I have no issues with the timer, but the suction cups are terrible. 3 months ago one came undone and the rubber tubing landed on a brom with some spines.

Now when the mister goes off water sprays everywhere. It still gets the job done, but it's annoying. I haven't upgraded yet because I'd have to remove the glass lid on the tank and make a new one- I'm too lazy for that.


----------



## LLLReptile (Jan 6, 2010)

It's important to make sure that no water trickles back down to the top of the monsoon, but as long as it's set up properly, it should last you quite a while.

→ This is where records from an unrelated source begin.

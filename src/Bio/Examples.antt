-- ===== src/Bio/Examples.antt =====
-- The theorems about kernel/bio.c at the cache after `binit`, and at one whose first buffer is held.
use jklnkhbv.Base.{
  ℕ, ◌+◌, ◌≡◌, ◌≢◌, ◌⊎◌, refl, true, false, none, some, [], ◌∷◌, ◌==◌, if◌then◌else◌, arith, subst,
}
use jklnkhbv.Locks.{holdingsleep, releasesleep}
use jklnkhbv.Bio.{Buf, Bcache, nbuf, binit, bget, brelse, set_buf}
use jklnkhbv.Bio.Cache.{IsCache, GetOutcome, bget_lem, brelse_lem, kept-IsCache}
use jklnkhbv.Bio.Start.{inited, binit_lem}

abbrev blank : ℕ
blank = 0

first_cache : IsCache (binit blank) (inited nbuf 0 [])
first_cache = binit_lem blank

abbrev rootdev : ℕ
rootdev = 1

nonzero : rootdev ≢ 0
nonzero e = absurd (omega arith)

bget_lem_example :
    GetOutcome
      (binit blank)
      (inited nbuf 0 [])
      rootdev
      33
      first_cache
      nonzero
      (bget rootdev 33 (binit blank))
bget_lem_example = bget_lem (binit blank) (inited nbuf 0 []) rootdev 33 first_cache nonzero

-- Process 3 holds buffer 29.
abbrev held : Buf ℕ
held = record {
  valid = true;
  dev = 0;
  blockno = 0;
  lock = record { locked = true; pid = 3 };
  refcnt = 1;
  content = 5;
}

abbrev held_cache : Bcache ℕ
held_cache = set_buf 29 held (binit blank)

all_others : inited nbuf 0 [] ≡ 29 ∷ inited 29 0 []
unfolding inited
all_others = refl

held_cache-IsCache : IsCache held_cache (29 ∷ inited 29 0 [])
unfolding binit
held_cache-IsCache =
    subst (IsCache held_cache) all_others
      (kept-IsCache (binit blank) (inited nbuf 0 []) 29 held first_cache refl refl)

brelse_lem_example :
    ((holdingsleep 3 (held_cache.buf 29).lock ≡ false) × (brelse 3 29 held_cache ≡ none))
    ⊎ ((c' : Bcache ℕ) × (brelse 3 29 held_cache ≡ some c')
        × ((t : ℕ) → t ≢ 29 → c'.buf t ≡ held_cache.buf t)
        × ((c'.buf 29).refcnt + 1 ≡ (held_cache.buf 29).refcnt)
        × ((c'.buf 29).lock ≡ releasesleep (held_cache.buf 29).lock)
        × IsCache c'
            (if (held_cache.buf 29).refcnt == 1 then 29 ∷ inited 29 0 [] else 29 ∷ inited 29 0 []))
brelse_lem_example =
    brelse_lem held_cache [] (inited 29 0 []) 3 29 held_cache-IsCache (omega arith) (omega arith)
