-- ===== src/Quantize/Split/Laws.antt =====
-- color/quantize.rs, `split`: the two boxes that a box is cut into.
use mpris_chroma.Prelude.{
  ℕ, ◌+◌, ◌*◌, ◌^◌, ◌≤◌, ◌<◌, ◌≡◌, refl, ap, ◌∙◌, ◌≢◌, inl, inr, true, false, none, some, List, [],
  ◌∷◌, ◌++◌, map, arith, leb, Bool-cases, List-cases, length, take, drop, All, length-append,
  length-take, take-append-drop,
}
use mpris_chroma.Prelude.Int.{pos, int_leb}
use mpris_chroma.Prelude.Sort.{
  total, total-append, total-take-drop, SameItems, sort_by, sort_by-SameItems, sort_by-All,
  sort_by-IsSorted, length-sort_by,
}
use mpris_chroma.Quantize.{
  Axis, axis_red, axis_green, axis_blue, channel, Entry, BoxNode, least, greatest, range, extent,
  volume,
}
use mpris_chroma.Quantize.Split.{
  Widest, weight, weigh, widest_axis, descending, new_box, cut_at, split,
}
use mpris_chroma.Quantize.Split.Boundary.{val, count_ge, cut_count_ge, left_length-IsCut}

abbrev pub pixels : List Entry → ℕ
pixels = total (λ (e : Entry). e.count)

descending_trans :
    (axis : Axis) (a b c : Entry)
    → descending axis a b ≡ true
    → descending axis b c ≡ true
    → descending axis a c ≡ true
descending_trans axis a b c h k = ground arith

descending_total :
    (axis : Axis) (a b : Entry) → descending axis a b ≡ false → descending axis b a ≡ true
descending_total axis a b h = ground arith

least_same :
    (axis : Axis) (w : ℕ) (e : Entry) (s : List Entry)
    → All (λ f. val axis f ≡ w) (e ∷ s)
    → (least (map (λ (f : Entry). channel axis f.color) (e ∷ s)) ≡ w)
      × (greatest (map (λ (f : Entry). channel axis f.color) (e ∷ s)) ≡ w)
unfolding least greatest
least_same axis w e [] a = (a.0, a.0)
least_same axis w e (f ∷ s) a =
    let rest = least_same axis w f s a.1 in (omega (arith, a.0, rest.0), omega (arith, a.0, rest.1))

extent_same :
    (axis : Axis) (w : ℕ) (node : BoxNode)
    → 0 < length node.entries
    → All (λ f. val axis f ≡ w) node.entries
    → extent axis node ≡ 0
unfolding extent range
extent_same axis w node h a = elim (List-cases node.entries) [
  | inl e ↦ absurd (omega (arith, ap length e))
  | inr (x, xs, e) ↦ let r = least_same axis w x xs (rw e at a) in rw e (omega (arith, r.0, r.1))
]

weigh_keeps :
    (node : BoxNode) (axis chosen : Axis) (m : ℕ)
    → leb (extent axis node * weight axis) m ≡ true
    → weigh node axis (pos m, chosen) ≡ (pos m, chosen)
unfolding weigh int_leb
weigh_keeps node axis chosen m h = rw h refl

weigh_takes :
    (node : BoxNode) (axis chosen : Axis) (m : ℕ)
    → leb (extent axis node * weight axis) m ≡ false
    → weigh node axis (pos m, chosen) ≡ (pos (extent axis node * weight axis), axis)
unfolding weigh int_leb
weigh_takes node axis chosen m h = rw h refl

widest_axis_lem :
    (node : BoxNode) (second third : Widest)
    → weigh node axis_green (pos (extent axis_red node * 77), axis_red) ≡ second
    → weigh node axis_blue second ≡ third
    → widest_axis node ≡ third.1
unfolding widest_axis weigh int_leb
widest_axis_lem node second third g b =
    ap (λ (w : Widest). (weigh node axis_blue w).1) g ∙ ap (λ (w : Widest). w.1) b

-- An axis of no extent is the widest only where no axis has any.
widest_axis-zero :
    (node : BoxNode)
    → extent (widest_axis node) node ≡ 0
    → (extent axis_red node ≡ 0) × (extent axis_green node ≡ 0) × (extent axis_blue node ≡ 0)
widest_axis-zero node h =
    let r = extent axis_red node * 77 in
    let g = extent axis_green node * 150 in
    let b = extent axis_blue node * 29 in
    elim (Bool-cases (leb g r)) [
      | inl t ↦
          let green = weigh_keeps node axis_green axis_red r t in
          elim (Bool-cases (leb b r)) [
            | inl t' ↦
                let c = widest_axis_lem node _ _ green (weigh_keeps node axis_blue axis_red r t') in
                let z : extent axis_red node ≡ 0 = rw c at h in ground arith
            | inr f' ↦
                let c = widest_axis_lem node _ _ green (weigh_takes node axis_blue axis_red r f') in
                let z : extent axis_blue node ≡ 0 = rw c at h in ground arith
          ]
      | inr f ↦
          let green = weigh_takes node axis_green axis_red r f in
          elim (Bool-cases (leb b g)) [
            | inl t' ↦
                let c =
                  widest_axis_lem node _ _ green (weigh_keeps node axis_blue axis_green g t') in
                let z : extent axis_green node ≡ 0 = rw c at h in ground arith
            | inr f' ↦
                let c =
                  widest_axis_lem node _ _ green (weigh_takes node axis_blue axis_green g f') in
                let z : extent axis_blue node ≡ 0 = rw c at h in ground arith
          ]
    ]

volume_nonempty :
    (node : BoxNode)
    → 0 < length node.entries
    → volume node
      ≡ (extent axis_red node + 1) * (extent axis_green node + 1) * (extent axis_blue node + 1)
unfolding volume
volume_nonempty node h = ground arith

volume_one :
    (node : BoxNode)
    → 0 < length node.entries
    → extent (widest_axis node) node ≡ 0
    → volume node ≡ 1
volume_one node h z =
    let r = widest_axis-zero node z in volume_nonempty node h ∙ (rw (r.0, r.1, r.2) refl)

module _ (node : BoxNode) where
  abbrev pub axis_of : Axis
  axis_of = widest_axis node

  sorted_entries : List Entry
  sorted_entries = sort_by (descending axis_of) node.entries

  sorted_entries-mixed :
      0 < length node.entries
      → volume node ≢ 1
      → (w : ℕ) → ¬ All (λ e. val axis_of e ≡ w) sorted_entries
  unfolding sorted_entries
  sorted_entries-mixed h v w a =
      let same = sort_by-All (descending axis_of) _ node.entries a in
      v (volume_one node h (extent_same axis_of w node h same))

  -- What two boxes owe to the box that they are cut from.
  pub record Halves (l r : BoxNode) : Type 0 where
    pub left_nonempty : 0 < length l.entries
    pub right_nonempty : 0 < length r.entries
    pub same_entries : SameItems (l.entries ++ r.entries) node.entries
    pub level : ℕ
    pub left_above : All (λ e. level ≤ channel axis_of e.color) l.entries
    pub right_below : All (λ e. channel axis_of e.color < level) r.entries
    pub counted : l.pixel_count + r.pixel_count ≡ pixels node.entries
    pub left_counted : l.pixel_count ≡ pixels l.entries
    pub right_counted : r.pixel_count ≡ pixels r.entries
    pub leaves : (l.children ≡ none) × (r.children ≡ none)

  -- A box of several colours, whose pixels are counted by 32 bits, is cut without a panic into two
  -- boxes with entries: they share the entries of the box between them, some value on its widest
  -- axis is reached by all entries on the left and by none on the right, each counts the pixels of
  -- its own entries, and neither has children.
  pub split_lem :
      0 < length node.entries
      → volume node ≢ 1
      → pixels node.entries < 2 ^ 32
      → (l : BoxNode) × (r : BoxNode) × (split node ≡ some (l, r)) × Halves l r
  unfolding split sorted_entries
  split_lem h v c =
      let s = sort_by (descending axis_of) node.entries in
      let d =
        sort_by-IsSorted (descending axis_of) (descending_trans axis_of) (descending_total axis_of)
          node.entries in
      let (t, e, lo, hi) =
        left_length-IsCut axis_of s d
          (omega (arith, length-sort_by (descending axis_of) node.entries))
          (sorted_entries-mixed h v) node.pixel_count in
      let n = count_ge axis_of t s in
      let sides = cut_count_ge axis_of t s d in
      let same = sort_by-SameItems (descending axis_of) node.entries in
      let parts = λ (f : Entry → ℕ). total-take-drop f n s in
      let all_pixels = parts (λ (x : Entry). x.count) in
      let sorted_pixels = same (λ (x : Entry). x.count) in
      let halves : Halves (new_box (take n s)) (new_box (drop n s)) = record {
        left_nonempty = omega (arith, length-take {0} n s);
        right_nonempty = omega (
          arith,
          ap length (take-append-drop n s),
          length-append {0} (take n s) (drop n s),
          length-take {0} n s,
        );
        same_entries = λ f. total-append f (take n s) (drop n s) ∙ parts f ∙ same f;
        level = t;
        left_above = sides.0;
        right_below = sides.1;
        counted = omega (arith, all_pixels, sorted_pixels);
        left_counted = omega (arith, all_pixels, sorted_pixels);
        right_counted = omega (arith, all_pixels, sorted_pixels);
        leaves = (refl, refl);
      } in
      (new_box (take n s), new_box (drop n s), ap (cut_at s) e, halves)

Much like the less expensive incubators that work great if you upgrade the thermostat, the Monsoon works well and is simpler to set up than the mist king. If you want to, you can just plug in the mist king timer, and not even worry about it at all. 

-Jen


----------



## empire3569 (Apr 4, 2014)

MoCarp said:


> rewire???? please explain...also using digital timer with the monsoon..is rewiring required?.
> ...


No re-wiring is not necessary, but I read a ton of reviews about the timer going bad and flooding tanks/burning the pump out, so the modification I did just gives me a little piece of mind because the MistKing timer is much more reliable than the built in one. The mod only took about 10 min, and so far I am really liking this combo


----------



## ryubui (Aug 21, 2014)

So in conclusion, i should put my monsoon mister on a timer and not use the timer already built in to prevent myself from breaking the timer in the first place...pretty stupid if you ask me. I would go with a mist king but im on a tight budget of course and because i got the unit for $50 brand new :x. Not to mention the mistking looks like it has a better spray nozzle.

Am i able to hook on a mist king nozzle to the monsoon unit? I would definitely consider buying a nozzle from them.


----------



## empire3569 (Apr 4, 2014)

I think you could.... I remember reading on another thread that someone had swapped out the stock monsoon nozzles and replaced them with wide angle nozzles.


----------